Work order =
When the line containing "let (t, planned, is_teardown)" is found in the data below, copy it and each line after it through the line containing "(subst (λ ns.", exactly and with no others.

Given information =
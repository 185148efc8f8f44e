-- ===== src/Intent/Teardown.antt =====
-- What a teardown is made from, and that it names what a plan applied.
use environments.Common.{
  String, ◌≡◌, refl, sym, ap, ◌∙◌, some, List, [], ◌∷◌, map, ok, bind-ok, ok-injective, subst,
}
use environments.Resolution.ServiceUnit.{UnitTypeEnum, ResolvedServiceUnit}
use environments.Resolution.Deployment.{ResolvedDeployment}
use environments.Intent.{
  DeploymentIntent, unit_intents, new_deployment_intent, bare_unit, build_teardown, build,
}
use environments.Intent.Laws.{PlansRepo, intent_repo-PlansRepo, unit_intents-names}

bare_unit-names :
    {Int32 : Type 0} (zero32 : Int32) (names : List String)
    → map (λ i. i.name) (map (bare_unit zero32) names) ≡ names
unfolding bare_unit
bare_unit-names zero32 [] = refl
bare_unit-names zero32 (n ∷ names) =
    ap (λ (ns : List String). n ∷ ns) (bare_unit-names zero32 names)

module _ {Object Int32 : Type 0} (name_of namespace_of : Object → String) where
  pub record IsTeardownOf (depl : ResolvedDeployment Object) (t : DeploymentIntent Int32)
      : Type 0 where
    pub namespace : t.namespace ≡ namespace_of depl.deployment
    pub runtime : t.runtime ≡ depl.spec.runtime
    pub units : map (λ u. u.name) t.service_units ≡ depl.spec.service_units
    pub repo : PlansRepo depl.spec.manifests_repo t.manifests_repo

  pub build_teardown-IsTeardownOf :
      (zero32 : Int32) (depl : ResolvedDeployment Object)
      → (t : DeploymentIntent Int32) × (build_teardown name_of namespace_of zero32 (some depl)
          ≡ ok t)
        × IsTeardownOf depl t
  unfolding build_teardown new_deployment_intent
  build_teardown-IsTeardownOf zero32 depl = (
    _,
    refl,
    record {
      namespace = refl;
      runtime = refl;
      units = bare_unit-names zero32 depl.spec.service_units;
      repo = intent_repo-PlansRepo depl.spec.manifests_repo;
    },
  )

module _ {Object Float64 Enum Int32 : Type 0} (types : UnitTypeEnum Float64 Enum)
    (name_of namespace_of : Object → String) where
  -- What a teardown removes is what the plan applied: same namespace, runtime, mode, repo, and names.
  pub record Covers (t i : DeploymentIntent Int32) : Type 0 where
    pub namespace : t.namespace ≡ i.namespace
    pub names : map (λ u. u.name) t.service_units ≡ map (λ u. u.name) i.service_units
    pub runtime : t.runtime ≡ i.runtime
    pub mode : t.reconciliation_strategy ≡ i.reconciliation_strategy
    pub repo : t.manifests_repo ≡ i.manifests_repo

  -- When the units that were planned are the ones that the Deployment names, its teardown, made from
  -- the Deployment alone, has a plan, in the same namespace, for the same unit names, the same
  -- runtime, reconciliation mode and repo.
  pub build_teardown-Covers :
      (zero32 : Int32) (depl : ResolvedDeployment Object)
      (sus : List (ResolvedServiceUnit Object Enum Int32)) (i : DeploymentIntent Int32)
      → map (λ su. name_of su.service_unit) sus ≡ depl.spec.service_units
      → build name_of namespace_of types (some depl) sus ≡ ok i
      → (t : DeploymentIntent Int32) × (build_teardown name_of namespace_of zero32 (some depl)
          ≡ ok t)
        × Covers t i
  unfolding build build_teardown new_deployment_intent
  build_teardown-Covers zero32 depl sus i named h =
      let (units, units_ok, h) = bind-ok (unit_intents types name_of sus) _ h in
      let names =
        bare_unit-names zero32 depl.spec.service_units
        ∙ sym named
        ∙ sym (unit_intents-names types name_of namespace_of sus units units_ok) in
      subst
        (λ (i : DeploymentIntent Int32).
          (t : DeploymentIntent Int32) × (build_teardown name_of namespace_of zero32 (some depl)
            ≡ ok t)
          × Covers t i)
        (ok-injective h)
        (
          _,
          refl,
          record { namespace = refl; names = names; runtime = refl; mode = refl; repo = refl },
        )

==

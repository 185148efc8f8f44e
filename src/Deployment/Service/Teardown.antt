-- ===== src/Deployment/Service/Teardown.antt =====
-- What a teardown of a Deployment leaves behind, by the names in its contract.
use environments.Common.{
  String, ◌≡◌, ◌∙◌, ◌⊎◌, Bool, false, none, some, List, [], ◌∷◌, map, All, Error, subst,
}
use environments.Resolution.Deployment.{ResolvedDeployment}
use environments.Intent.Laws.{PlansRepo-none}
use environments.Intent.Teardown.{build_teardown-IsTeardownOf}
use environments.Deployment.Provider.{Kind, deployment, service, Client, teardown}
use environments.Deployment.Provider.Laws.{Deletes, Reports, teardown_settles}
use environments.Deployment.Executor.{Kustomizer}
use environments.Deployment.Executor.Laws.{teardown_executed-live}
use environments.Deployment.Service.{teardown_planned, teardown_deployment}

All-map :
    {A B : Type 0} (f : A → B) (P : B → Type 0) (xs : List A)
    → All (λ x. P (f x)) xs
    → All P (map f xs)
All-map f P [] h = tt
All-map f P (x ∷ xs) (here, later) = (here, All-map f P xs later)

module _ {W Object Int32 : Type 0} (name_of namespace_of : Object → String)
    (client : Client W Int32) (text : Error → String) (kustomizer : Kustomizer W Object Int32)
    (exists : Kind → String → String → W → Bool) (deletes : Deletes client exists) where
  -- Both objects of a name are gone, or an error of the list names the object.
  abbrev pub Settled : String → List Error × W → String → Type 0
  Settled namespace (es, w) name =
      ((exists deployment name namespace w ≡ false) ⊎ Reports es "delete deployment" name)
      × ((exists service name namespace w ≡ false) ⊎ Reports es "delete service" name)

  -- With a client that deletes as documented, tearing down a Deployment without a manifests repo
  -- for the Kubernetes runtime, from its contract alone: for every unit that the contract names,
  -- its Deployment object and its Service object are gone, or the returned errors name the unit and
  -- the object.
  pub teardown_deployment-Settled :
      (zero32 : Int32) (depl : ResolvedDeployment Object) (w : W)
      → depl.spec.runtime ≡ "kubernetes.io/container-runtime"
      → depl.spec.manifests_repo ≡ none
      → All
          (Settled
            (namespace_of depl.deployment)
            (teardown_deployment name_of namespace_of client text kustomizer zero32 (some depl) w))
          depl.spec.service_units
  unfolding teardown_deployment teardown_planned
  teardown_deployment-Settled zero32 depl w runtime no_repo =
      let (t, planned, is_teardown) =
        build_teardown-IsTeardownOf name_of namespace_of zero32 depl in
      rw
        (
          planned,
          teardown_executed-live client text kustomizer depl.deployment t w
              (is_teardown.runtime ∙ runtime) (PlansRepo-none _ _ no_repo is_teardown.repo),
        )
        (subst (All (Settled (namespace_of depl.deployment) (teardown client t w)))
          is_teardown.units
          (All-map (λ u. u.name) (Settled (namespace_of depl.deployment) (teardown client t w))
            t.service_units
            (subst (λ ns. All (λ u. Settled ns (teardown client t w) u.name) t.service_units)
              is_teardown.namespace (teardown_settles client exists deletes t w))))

Exercise result =
      let (t, planned, is_teardown) =
        build_teardown-IsTeardownOf name_of namespace_of zero32 depl in
      rw
        (
          planned,
          teardown_executed-live client text kustomizer depl.deployment t w
              (is_teardown.runtime ∙ runtime) (PlansRepo-none _ _ no_repo is_teardown.repo),
        )
        (subst (All (Settled (namespace_of depl.deployment) (teardown client t w)))
          is_teardown.units
          (All-map (λ u. u.name) (Settled (namespace_of depl.deployment) (teardown client t w))
            t.service_units
            (subst (λ ns. All (λ u. Settled ns (teardown client t w) u.name) t.service_units)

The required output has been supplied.